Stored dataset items
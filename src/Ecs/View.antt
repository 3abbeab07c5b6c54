-- ===== src/Ecs/View.antt =====
-- What the two indices of an `Ecs` say of a pair of a component type and an entity, and how each
-- operation of Ecs/Ecs.cppm and Ecs.cpp changes it.
use playground_engine.Base.{
  true, ◌+◌, ℕ, ◌≡◌, refl, Bool, false, ◌&&◌, Option, none, some, List, [], ◌∷◌, arith, ◌==◌,
  is_some, any_of, if◌then◌else◌, Option-cases, inl, inr,
}
use playground_engine.OrderedMap.{
  try_emplace, find-try_emplace, OrderedMap, find, contains, insert_or_assign, keys,
  find-insert_or_assign, find-erase, any_of-keys,
}
use playground_engine.OrderedMap.Nested.{
  find_in, erase_in, find_in-assign_in, find_in-erase_in, find-erase_in,
}
use playground_engine.Ecs.{
  add_entity, Entity, Ecs, ComponentRecord, typed_ref_of, ComponentsByEntity,
  add_component_to_entity, try_get_component, erase_from_types, destroy_entity, destroy_component,
}

-- The record that the index by type has, and the one that the index by entity has.
abbrev pub by_type : Ecs → ℕ → ℕ → Option ComponentRecord
by_type ecs t e = find_in t e ecs.components_per_type

abbrev pub by_entity : Ecs → ℕ → ℕ → Option ComponentRecord
by_entity ecs t e = find_in e t ecs.components_per_entity

abbrev pub alive : Ecs → ℕ → Bool
alive ecs e = contains e ecs.components_per_entity

abbrev pub instance_of : Option ComponentRecord → Option ℕ
instance_of none = none
instance_of (some c) = some c.instance_ptr

abbrev pub entity : ℕ → Entity
entity id = record { id = id }

find-empty : (e : ℕ) → find {V = ComponentRecord} e [] ≡ none
unfolding find
find-empty e = refl

-- `TryGetComponent` answers from the index by type.
pub try_get_component-by_type :
    (ecs : Ecs) (t e : ℕ) → try_get_component ecs t (entity e) ≡ instance_of (by_type ecs t e)
unfolding try_get_component
try_get_component-by_type ecs t e = ground (arith, find-empty e)

module _ (t c e : ℕ) (ecs : Ecs) where
  abbrev added : Ecs
  added = (add_component_to_entity t c (entity e) ecs).0

  abbrev fresh_record : ComponentRecord
  fresh_record = record { instance_ptr = c; ref = typed_ref_of t c }

  pub by_type-add_component :
      (t' e' : ℕ)
      → by_type added t' e'
        ≡ (if (alive ecs e && (t == t')) && (e == e') then some fresh_record else by_type ecs t' e')
  unfolding add_component_to_entity
  by_type-add_component t' e' =
      ground (arith, find_in-assign_in t e t' e' fresh_record ecs.components_per_type)

  pub by_entity-add_component :
      (t' e' : ℕ)
      → by_entity added t' e' ≡ (
          if (alive ecs e && (t == t')) && (e == e')
          then some fresh_record
          else by_entity ecs t' e')
  unfolding add_component_to_entity
  by_entity-add_component t' e' = elim (Option-cases (find e ecs.components_per_entity)) [
    | inl p ↦ ground (arith, p)
    | inr (m, p) ↦ ground (
      arith,
      p,
      find-insert_or_assign e e' (insert_or_assign t fresh_record m) ecs.components_per_entity,
      find-insert_or_assign t t' fresh_record m,
    )
  ]

  pub alive-add_component : (e' : ℕ) → alive added e' ≡ alive ecs e'
  unfolding add_component_to_entity
  alive-add_component e' = elim (Option-cases (find e ecs.components_per_entity)) [
    | inl p ↦ ground (arith, p)
    | inr (m, p) ↦ ground (
      arith,
      p,
      find-insert_or_assign e e' (insert_or_assign t fresh_record m) ecs.components_per_entity,
    )
  ]

module _ (t e : ℕ) (ecs : Ecs) (t' e' : ℕ) where
  pub by_type-destroy_component :
      by_type (destroy_component t (entity e) ecs) t' e'
      ≡ (if (t == t') && (e == e') then none else by_type ecs t' e')
  unfolding destroy_component
  by_type-destroy_component = find_in-erase_in t e t' e' ecs.components_per_type

  pub by_entity-destroy_component :
      by_entity (destroy_component t (entity e) ecs) t' e'
      ≡ (if (e == e') && (t == t') then none else by_entity ecs t' e')
  unfolding destroy_component
  by_entity-destroy_component = find_in-erase_in e t e' t' ecs.components_per_entity

pub alive-destroy_component :
    (t e : ℕ) (ecs : Ecs) (e' : ℕ) → alive (destroy_component t (entity e) ecs) e' ≡ alive ecs e'
unfolding destroy_component
alive-destroy_component t e ecs e' = ground (arith, find-erase_in e t e' ecs.components_per_entity)

-- The loop of `DestroyEntity` removes the entity from the types that it walks, and from no other.
pub find_in-erase_from_types :
    (id : ℕ) (types : List ℕ) (per_type : OrderedMap ComponentsByEntity) (t e : ℕ)
    → find_in t e (erase_from_types id types per_type)
      ≡ (if any_of (λ type. type == t) types && (id == e) then none else find_in t e per_type)
unfolding erase_from_types
find_in-erase_from_types id [] per_type t e = refl
find_in-erase_from_types id (type ∷ types) per_type t e = ground (
  arith,
  find_in-erase_from_types id types (erase_in type id per_type) t e,
  find_in-erase_in type id t e per_type,
)

module _ (e : ℕ) (ecs : Ecs) where
  abbrev destroyed : Ecs
  destroyed = destroy_entity (entity e) ecs

  -- The index by type loses the cells that the index by entity names for this entity.
  pub by_type-destroy_entity :
      (t e' : ℕ)
      → by_type destroyed t e'
        ≡ (if is_some (by_entity ecs t e) && (e == e') then none else by_type ecs t e')
  unfolding destroy_entity
  by_type-destroy_entity t e' = elim (Option-cases (find e ecs.components_per_entity)) [
    | inl p ↦ ground (arith, p)
    | inr (m, p) ↦ ground (
      arith,
      p,
      any_of-keys t m,
      find_in-erase_from_types e (keys m) ecs.components_per_type t e',
    )
  ]

  pub alive-destroy_entity :
      (e' : ℕ) → alive destroyed e' ≡ (if e == e' then false else alive ecs e')
  unfolding destroy_entity
  alive-destroy_entity e' =
      ground (arith, find-erase e e' ecs.components_per_entity, (find e ecs.components_per_entity))

  pub by_entity-destroy_entity :
      (t e' : ℕ) → by_entity destroyed t e' ≡ (if e == e' then none else by_entity ecs t e')
  unfolding destroy_entity
  by_entity-destroy_entity t e' = elim (Option-cases (find e ecs.components_per_entity)) [
    | inl p ↦ ground (arith, p)
    | inr (m, p) ↦ ground (arith, p, find-erase e e' ecs.components_per_entity)
  ]

module _ (t c e : ℕ) (ecs : Ecs) where
  pub last-add_component :
      (add_component_to_entity t c (entity e) ecs).0.last_entity_id ≡ ecs.last_entity_id
  unfolding add_component_to_entity
  last-add_component = ground arith

pub last-destroy_component :
    (t e : ℕ) (ecs : Ecs) → (destroy_component t (entity e) ecs).last_entity_id ≡ ecs.last_entity_id
unfolding destroy_component
last-destroy_component t e ecs = refl

pub last-destroy_entity :
    (e : ℕ) (ecs : Ecs) → (destroy_entity (entity e) ecs).last_entity_id ≡ ecs.last_entity_id
unfolding destroy_entity
last-destroy_entity e ecs = ground arith

-- A new entity is alive with no component, and no other pair changes.
module _ (ecs : Ecs) (r : Entity × Ecs) (ok : add_entity ecs ≡ some r) where
  pub id-add_entity : (r.0.id ≡ ecs.last_entity_id + 1) × (r.1.last_entity_id ≡ r.0.id)
  unfolding add_entity
  id-add_entity = ground arith

  pub by_type-add_entity : (t e : ℕ) → by_type r.1 t e ≡ by_type ecs t e
  unfolding add_entity
  by_type-add_entity t e = ground arith

  pub types-add_entity : r.1.components_per_type ≡ ecs.components_per_type
  unfolding add_entity
  types-add_entity = ground arith

  pub entities-add_entity :
      r.1.components_per_entity ≡ try_emplace (ecs.last_entity_id + 1) [] ecs.components_per_entity
  unfolding add_entity
  entities-add_entity = ground arith

  pub by_entity-add_entity : (t e : ℕ) → by_entity r.1 t e ≡ by_entity ecs t e
  by_entity-add_entity t e = rw entities-add_entity (
      ground (
        arith,
        find-empty t,
        find-try_emplace (ecs.last_entity_id + 1) e [] ecs.components_per_entity,
      ))

  pub alive-add_entity :
      (e : ℕ) → alive r.1 e ≡ (if ecs.last_entity_id + 1 == e then true else alive ecs e)
  alive-add_entity e =
      rw entities-add_entity
        (ground (arith, find-try_emplace (ecs.last_entity_id + 1) e [] ecs.components_per_entity))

- [TASK INSTRUCTIONS] Tally the lines in the records that contain the word "refl"; the answer is that number and nothing more.

- [FINISHED TASK] 4